I wasn’t always somebody who sought a “perfect” outcome. But parenting my younger child, especially during these teen years, has brought out an almost primal need for it. I haven’t been able to make sense of why this is.

Things went smoothly with my first child, we followed the recipe to the letter. But when I tried to stick to that recipe the second time around, the flavor wasn’t coming out the same. Parenting isn’t like baking. The ingredients you mix together aren’t the same with each kid and so you can’t expect to yield the loaf you had last time, no matter how delicious it was.

I crack the egg on the side of the bowl. A second egg, and then baking soda, the fine white powder like tiny granules of a cumulus cloud. Next, the sour cream, also pure and white, the anchor of the recipe, and its secret ingredient.

My husband and I thought we were doing the right thing by holding on tight, of course we did, but our well-intentioned safety net had somehow morphed into a hammock, a gentle cradle we kept tightly suspended between our two trunks—with no room for our son to grow in his own direction.

Every teenager needs his own space to figure out the world, by trial and error, along with the freedom to fall. As Jessica Lahey, in her highly-acclaimed book The Gift of Failure asserts, “it’s those setbacks, mistakes, miscalculations, and failures we have shoved out of our children’s way that are the very experiences that teach them how to be resourceful, persistent, innovative and resilient.”

In a separate, larger bowl, I mash three overripe bananas with a fork, using the prongs against the side, making lumpy pieces from the long-curving fruit before adding flour the color of snow.

It’s been hard for me as a parent to keep my hands out of the mixing bowl, where I should know better that they don’t belong. And yet, I’m managing. 

I combine both bowls with all of the ingredients, and I mix them together, with a force and emotion that surprises me. With the type of strength and energy I didn’t realize I had, and it feels good, to stir everything together, to mix, to wonder how it will take form.

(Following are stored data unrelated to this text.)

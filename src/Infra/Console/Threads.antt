-- ===== src/Infra/Console/Threads.antt =====
-- The jobs of infrastructure/src/console.cpp under the steps of its threads.
use dts_framework.Common.{
  contains, ℕ, zero, suc, ◌<◌, ◌≡◌, refl, sym, ap, ◌∙◌, subst, true, false, Option, List, [], ◌∷◌,
  arith, length, length-append, Text, Bool-cases, inl, inr,
}
use dts_framework.Infra.Console.{
  Job, Control, no_job, job_at, push_job, submit_dds, finish, control_stop, control_round, round_at,
}
use dts_framework.Infra.Console.Jobs.{
  IsTracked, get_or-append_left, get_or_last, push-IsTracked, finish-same, answered-IsTracked,
  stop-IsTracked, control_round_on, control_round_off, submit-IsTracked, submit-stopped,
}

module _ {S : Type 0} (exec : Text → Text → S → Text × S) where
  round_at-IsTracked :
      (m : Control) (s : S) (q : List ℕ)
      → m.queue ≡ q
      → IsTracked m
      → IsTracked (round_at exec m s q).0
  unfolding round_at
  round_at-IsTracked m s [] e v = v
  round_at-IsTracked m s (i ∷ rest) e v =
      let resp : Text = (exec (job_at m i).line (job_at m i).resp s).0 in
      let (js, qs, _, _) = finish-same m i rest resp in
      answered-IsTracked m (finish m i rest resp) i rest resp e js qs v

  pub control_round-IsTracked :
      (m : Control) (s : S) → IsTracked m → IsTracked (control_round exec m s).0
  control_round-IsTracked m s v = elim (Bool-cases m.exited) [
    | inl off ↦ rw (control_round_off exec m s off) v
    | inr on ↦ rw (control_round_on exec m s on) (round_at-IsTracked m s m.queue refl v)
  ]

  -- What the threads do. `control_stop` is called once, when the process stops.
  pub data Step : Control × S → Control × S → Type 0 where
    push_step :
        (m : Control) (s : S) (line : Text)
        → Step (m, s) (push_job m (record { line = line; resp = []; done = false; dds = false }), s)
    submit_step :
        (m : Control) (s : S) (payload : Option (List ℕ))
        → Step (m, s) ((submit_dds m payload).1, s)
    control_step : (m : Control) (s : S) → m.exited ≡ false → Step (m, s) (control_round exec m s)
    stop_step : (m : Control) (s : S) → m.stop ≡ false → Step (m, s) (control_stop m, s)

  pub data Reach (c : Control × S) : Control × S → Type 0 where
    here : Reach c c
    next : {d e : Control × S} → Reach c d → Step d e → Reach c e

  Step-IsTracked : {c d : Control × S} → Step c d → IsTracked c.0 → IsTracked d.0
  unfolding control_round
  Step-IsTracked (push_step m s line) v = push-IsTracked m _ v
  Step-IsTracked (submit_step m s payload) v = submit-IsTracked m payload v
  Step-IsTracked (control_step m s on) v = control_round-IsTracked m s v
  Step-IsTracked (stop_step m s on) v = stop-IsTracked m v

  -- Whatever steps sessions, the DDS channel, the control thread and `control_stop` take, in any
  -- order, every job that is not answered stays in the queue, where this holds at the start.
  pub Reach-IsTracked : {c d : Control × S} → Reach c d → IsTracked c.0 → IsTracked d.0
  Reach-IsTracked here v = v
  Reach-IsTracked (next r st) v = Step-IsTracked st (Reach-IsTracked r v)

  -- `n` rounds of the control thread with no other thread between them.
  unfoldable pub rounds : ℕ → Control × S → Control × S
  rounds zero c = c
  rounds (suc n) c = rounds n (control_round exec c.0 c.1)

  pub drained :
      (q : List ℕ) (m : Control) (s : S)
      → m.queue ≡ q
      → m.exited ≡ false
      → IsTracked m
      → ((rounds (length q) (m, s)).0.queue ≡ []) × IsTracked (rounds (length q) (m, s)).0
  unfolding rounds control_round round_at
  drained [] m s e on v = (e, v)
  drained (i ∷ rest) m s e on v =
      let r : Text × S = exec (job_at m i).line (job_at m i).resp s in
      let m' : Control = finish m i rest r.0 in
      let (js, qs, _, ex) = finish-same m i rest r.0 in
      let step : control_round exec m s ≡ (m', r.1) =
        control_round_on exec m s on ∙ ap (round_at exec m s) e in
      subst (λ c. ((rounds (length rest) c).0.queue ≡ []) × IsTracked (rounds (length rest) c).0)
        (sym step) (drained rest m' r.1 qs (ex ∙ on) (answered-IsTracked m m' i rest r.0 e js qs v))

  -- From any state that the threads reach from a start where every unanswered job is in the queue, and
  -- in which the control thread has not left its loop, as many rounds of it as the queue is long answer
  -- every job.
  pub rounds_answer :
      {c : Control × S} (m : Control) (s : S) (i : ℕ)
      → IsTracked c.0
      → Reach c (m, s)
      → m.exited ≡ false
      → i < length (rounds (length m.queue) (m, s)).0.jobs
      → (job_at (rounds (length m.queue) (m, s)).0 i).done ≡ true
  unfolding contains
  rounds_answer m s i v r on low =
      let (empty, tracked) = drained m.queue m s refl on (Reach-IsTracked r v) in
      elim (Bool-cases (job_at (rounds (length m.queue) (m, s)).0 i).done) [
        | inl d ↦ d
        | inr d ↦
            let bad : contains i [] ≡ true = sym (ap (contains i) empty) ∙ tracked i low d in
            absurd (cc)
      ]

  -- A job that waits although the control thread is gone.
  Orphan : ℕ → Control → Type 0
  Orphan i m =
      (m.stop ≡ true) × (m.exited ≡ true) × (i < length m.jobs) × ((job_at m i).done ≡ false)

  push-Orphan : (i : ℕ) (m : Control) (job : Job) → Orphan i m → Orphan i (push_job m job)
  unfolding Orphan push_job
  push-Orphan i m job (st, ex, low, d) = (
    st,
    ex,
    omega (arith, length-append m.jobs (job ∷ [])),
    ap (λ j. j.done) (get_or-append_left m.jobs (job ∷ []) i no_job low) ∙ d,
  )

  Step-Orphan : (i : ℕ) {c d : Control × S} → Step c d → Orphan i c.0 → Orphan i d.0
  unfolding Orphan
  Step-Orphan i (push_step m s line) o = push-Orphan i m _ o
  Step-Orphan i (submit_step m s payload) o =
      subst (Orphan i) (sym (submit-stopped m payload o.0)) o
  Step-Orphan i (control_step m s on) o = let off : m.exited ≡ true = o.1 in absurd (cc)
  Step-Orphan i (stop_step m s on) o = let off : m.stop ≡ true = o.0 in absurd (cc)

  Reach-Orphan : (i : ℕ) {c d : Control × S} → Reach c d → Orphan i c.0 → Orphan i d.0
  Reach-Orphan i here o = o
  Reach-Orphan i (next r st) o = Step-Orphan i st (Reach-Orphan i r o)

  -- A job that is pushed after `control_stop` and the end of the control thread is never answered,
  -- whatever the threads do then.
  pub push_waits_forever :
      (m : Control) (s : S) (line : Text) {d : Control × S}
      → m.stop ≡ true
      → m.exited ≡ true
      → Reach (push_job m (record { line = line; resp = []; done = false; dds = false }), s) d
      → (job_at d.0 (length m.jobs)).done ≡ false
  unfolding Orphan push_job
  push_waits_forever m s line st ex r =
      let job : Job = record { line = line; resp = []; done = false; dds = false } in
      (Reach-Orphan (length m.jobs) r (
        st,
        ex,
        omega (arith, length-append m.jobs (job ∷ [])),
        ap (λ j. j.done) (get_or_last m.jobs job no_job),
      )).3
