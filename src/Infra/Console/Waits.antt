-- ===== src/Infra/Console/Waits.antt =====
-- How many jobs of infrastructure/src/console.cpp wait for an answer.
use dts_framework.Common.{
  contains, ℕ, zero, suc, ◌+◌, ◌<◌, ◌≤◌, ◌≡◌, refl, ap, ◌∙◌, Bool, true, false, Option, List, [],
  ◌∷◌, ◌++◌, arith, length, get_or, set, Text, Bool-cases, inl, inr,
}
use dts_framework.Infra.Console.{
  Job, Control, no_job, job_at, push_job, submit_dds, control_stop, control_round, round_at,
  answer_all,
}
use dts_framework.Infra.Console.Jobs.{
  IsTracked, finish-same, stop-IsTracked, control_round_on, control_round_off, submit-stopped,
}
use dts_framework.Infra.Console.Threads.{rounds, drained}

abbrev pub one_if_open : Bool → ℕ
one_if_open true = 0
one_if_open false = 1

abbrev pub waits : List Job → ℕ
waits [] = 0
waits (job ∷ jobs) = one_if_open job.done + waits jobs

waits-append : (xs ys : List Job) → waits (xs ++ ys) ≡ waits xs + waits ys
waits-append [] ys = omega arith
waits-append (x ∷ xs) ys = omega (arith, waits-append xs ys)

waits-set :
    (jobs : List Job) (i : ℕ) (job : Job) → job.done ≡ true → waits (set jobs i job) ≤ waits jobs
waits-set [] i job d = omega arith
waits-set (x ∷ xs) zero job d = let e : one_if_open job.done ≡ 0 = ap one_if_open d in omega arith
waits-set (x ∷ xs) (suc i) job d = omega (arith, waits-set xs i job d)

pub waits-none :
    (jobs : List Job)
    → ((i : ℕ) → i < length jobs → (get_or jobs i no_job).done ≡ true)
    → waits jobs ≡ 0
waits-none [] all = refl
waits-none (x ∷ xs) all =
    let e : one_if_open x.done ≡ 0 = ap one_if_open (all 0 (omega arith)) in
    omega (arith, waits-none xs (λ i low. all (suc i) (omega arith)))

pub waits-stop : (m : Control) → IsTracked m → waits (control_stop m).jobs ≡ 0
unfolding control_stop contains
waits-stop m v = waits-none (answer_all m.queue m.jobs) answered
  where
    answered :
        (i : ℕ)
        → i < length (answer_all m.queue m.jobs)
        → (get_or (answer_all m.queue m.jobs) i no_job).done ≡ true
    answered i low = elim (Bool-cases (get_or (answer_all m.queue m.jobs) i no_job).done) [
      | inl d ↦ d
      | inr d ↦ let bad : false ≡ true = stop-IsTracked m v i low d in absurd (cc)
    ]

-- After `control_stop`, with at most `n` jobs that wait.
pub record AtMost (n : ℕ) (m : Control) : Type 0 where
  pub stopped : m.stop ≡ true
  pub few : waits m.jobs ≤ n

pub push-AtMost : (n : ℕ) (m : Control) (job : Job) → AtMost n m → AtMost (suc n) (push_job m job)
unfolding push_job
push-AtMost n m job v = record {
  stopped = v.stopped;
  few = omega (arith, waits-append m.jobs (job ∷ []), one job.done, v.few);
}
  where
    one : (b : Bool) → one_if_open b ≤ 1
    one true = omega arith
    one false = omega arith

pub submit-AtMost :
    (n : ℕ) (m : Control) (payload : Option (List ℕ))
    → AtMost n m
    → AtMost n (submit_dds m payload).1
submit-AtMost n m payload v = rw (submit-stopped m payload v.stopped) v

module _ {S : Type 0} (exec : Text → Text → S → Text × S) where
  round_at-AtMost :
      (n : ℕ) (m : Control) (s : S) (q : List ℕ) → AtMost n m → AtMost n (round_at exec m s q).0
  unfolding round_at
  round_at-AtMost n m s [] v = record { stopped = v.stopped; few = v.few }
  round_at-AtMost n m s (i ∷ rest) v =
      let resp = (exec (job_at m i).line (job_at m i).resp s).0 in
      let (js, _, st, _) = finish-same m i rest resp in
      record {
        stopped = st ∙ v.stopped;
        few = omega (
          arith,
          ap waits js,
          waits-set m.jobs i (record (job_at m i) { resp = resp; done = true }) refl,
          v.few,
        );
      }

  pub round-AtMost :
      (n : ℕ) (m : Control) (s : S) → AtMost n m → AtMost n (control_round exec m s).0
  round-AtMost n m s v = elim (Bool-cases m.exited) [
    | inl off ↦ rw (control_round_off exec m s off) v
    | inr on ↦ rw (control_round_on exec m s on) (round_at-AtMost n m s m.queue v)
  ]

  pub rounds-AtMost :
      (n k : ℕ) (m : Control) (s : S) → AtMost n m → AtMost n (rounds exec k (m, s)).0
  unfolding rounds
  rounds-AtMost n zero m s v = v
  rounds-AtMost n (suc k) m s v =
      let r = control_round exec m s in rounds-AtMost n k r.0 r.1 (round-AtMost n m s v)

  rounds_off :
      (k : ℕ) (m : Control) (s : S) → m.exited ≡ true → (rounds exec k (m, s)).0.exited ≡ true
  unfolding rounds
  rounds_off zero m s off = off
  rounds_off (suc k) m s off =
      ap (λ c. (rounds exec k c).0.exited) (control_round_off exec m s off) ∙ rounds_off k m s off

  round_last :
      (m : Control) (s : S)
      → m.queue ≡ []
      → m.stop ≡ true
      → (control_round exec m s).0.exited ≡ true
  unfolding round_at
  round_last m s e st = elim (Bool-cases m.exited) [
    | inl off ↦ ap (λ r. r.0.exited) (control_round_off exec m s off) ∙ off
    | inr on ↦ ap (λ r. r.0.exited) (control_round_on exec m s on ∙ ap (round_at exec m s) e) ∙ st
  ]

  -- After `control_stop`, the control thread leaves its loop when it has taken what is in the queue.
  pub rounds-exited :
      (n : ℕ) (m : Control) (s : S)
      → IsTracked m
      → AtMost n m
      → let left = rounds exec (length m.queue) (m, s) in
        (control_round exec left.0 left.1).0.exited ≡ true
  rounds-exited n m s t v =
      let left = rounds exec (length m.queue) (m, s) in
      elim (Bool-cases m.exited) [
        | inl off ↦
            let gone = rounds_off (length m.queue) m s off in
            ap (λ r. r.0.exited) (control_round_off exec left.0 left.1 gone) ∙ gone
        | inr on ↦
            let (empty, _) = drained exec m.queue m s refl on t in
            round_last left.0 left.1 empty (rounds-AtMost n (length m.queue) m s v).stopped
      ]
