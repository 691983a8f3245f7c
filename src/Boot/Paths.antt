-- ===== src/Boot/Paths.antt =====
-- `MakeConsoleSockPath` of bootstrap/src/run.cpp.
use dts_framework.Common.{Option, none, some, ◌++◌, Text, codes, drop, split_at_last}

-- The name behind the last slash.
unfoldable pub base_name : Text → Option (Text × Text) → Text
base_name name none = name
base_name name (some (before, from_slash)) = drop 1 from_slash

-- The name before the last `.json`.
unfoldable pub stem : Text → Option (Text × Text) → Text
stem name none = name
stem name (some (before, from_dot)) = before

unfoldable pub make_console_sock_path : Text → Text
unfolding base_name stem split_at_last
make_console_sock_path cfg_path =
    let name = base_name cfg_path (split_at_last (codes "/") cfg_path) in
    codes "/tmp/dts-" ++ (stem name (split_at_last (codes ".json") name) ++ codes ".sock")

People ask me all the time, what are you going to do when your youngest leaves for college in the fall. As if everything I have been doing for the last twenty years is somehow related to my kids’ needs. And then I realize, for better or for worse, it kind of has been that way. The truth is that’s how I’ve parented for much of these past two decades. Now the focus is abruptly shifting back to me and I have no idea what that will look like, or better yet, how it will feel.

I grease the loaf pan and go to put the banana bread into the preheated oven. But before I do, I add two handfuls of semi-sweet chips on top, something I’ve never done before. Maybe it will throw off the whole recipe, I don’t know for sure, but I want it be a little different, a little sweeter.

I’ll miss those days when both of my kids were at home and I would make a loaf, just because. That act of love represented everything I wanted to be as a mother. Now that my nest will be empty this fall, I don’t know how much, if at all, I will be baking my banana bread anymore; I can’t see making it only for myself. Will I still bake? Will I find another recipe to follow? Will I replace that part of my life with something else? I simply don’t know.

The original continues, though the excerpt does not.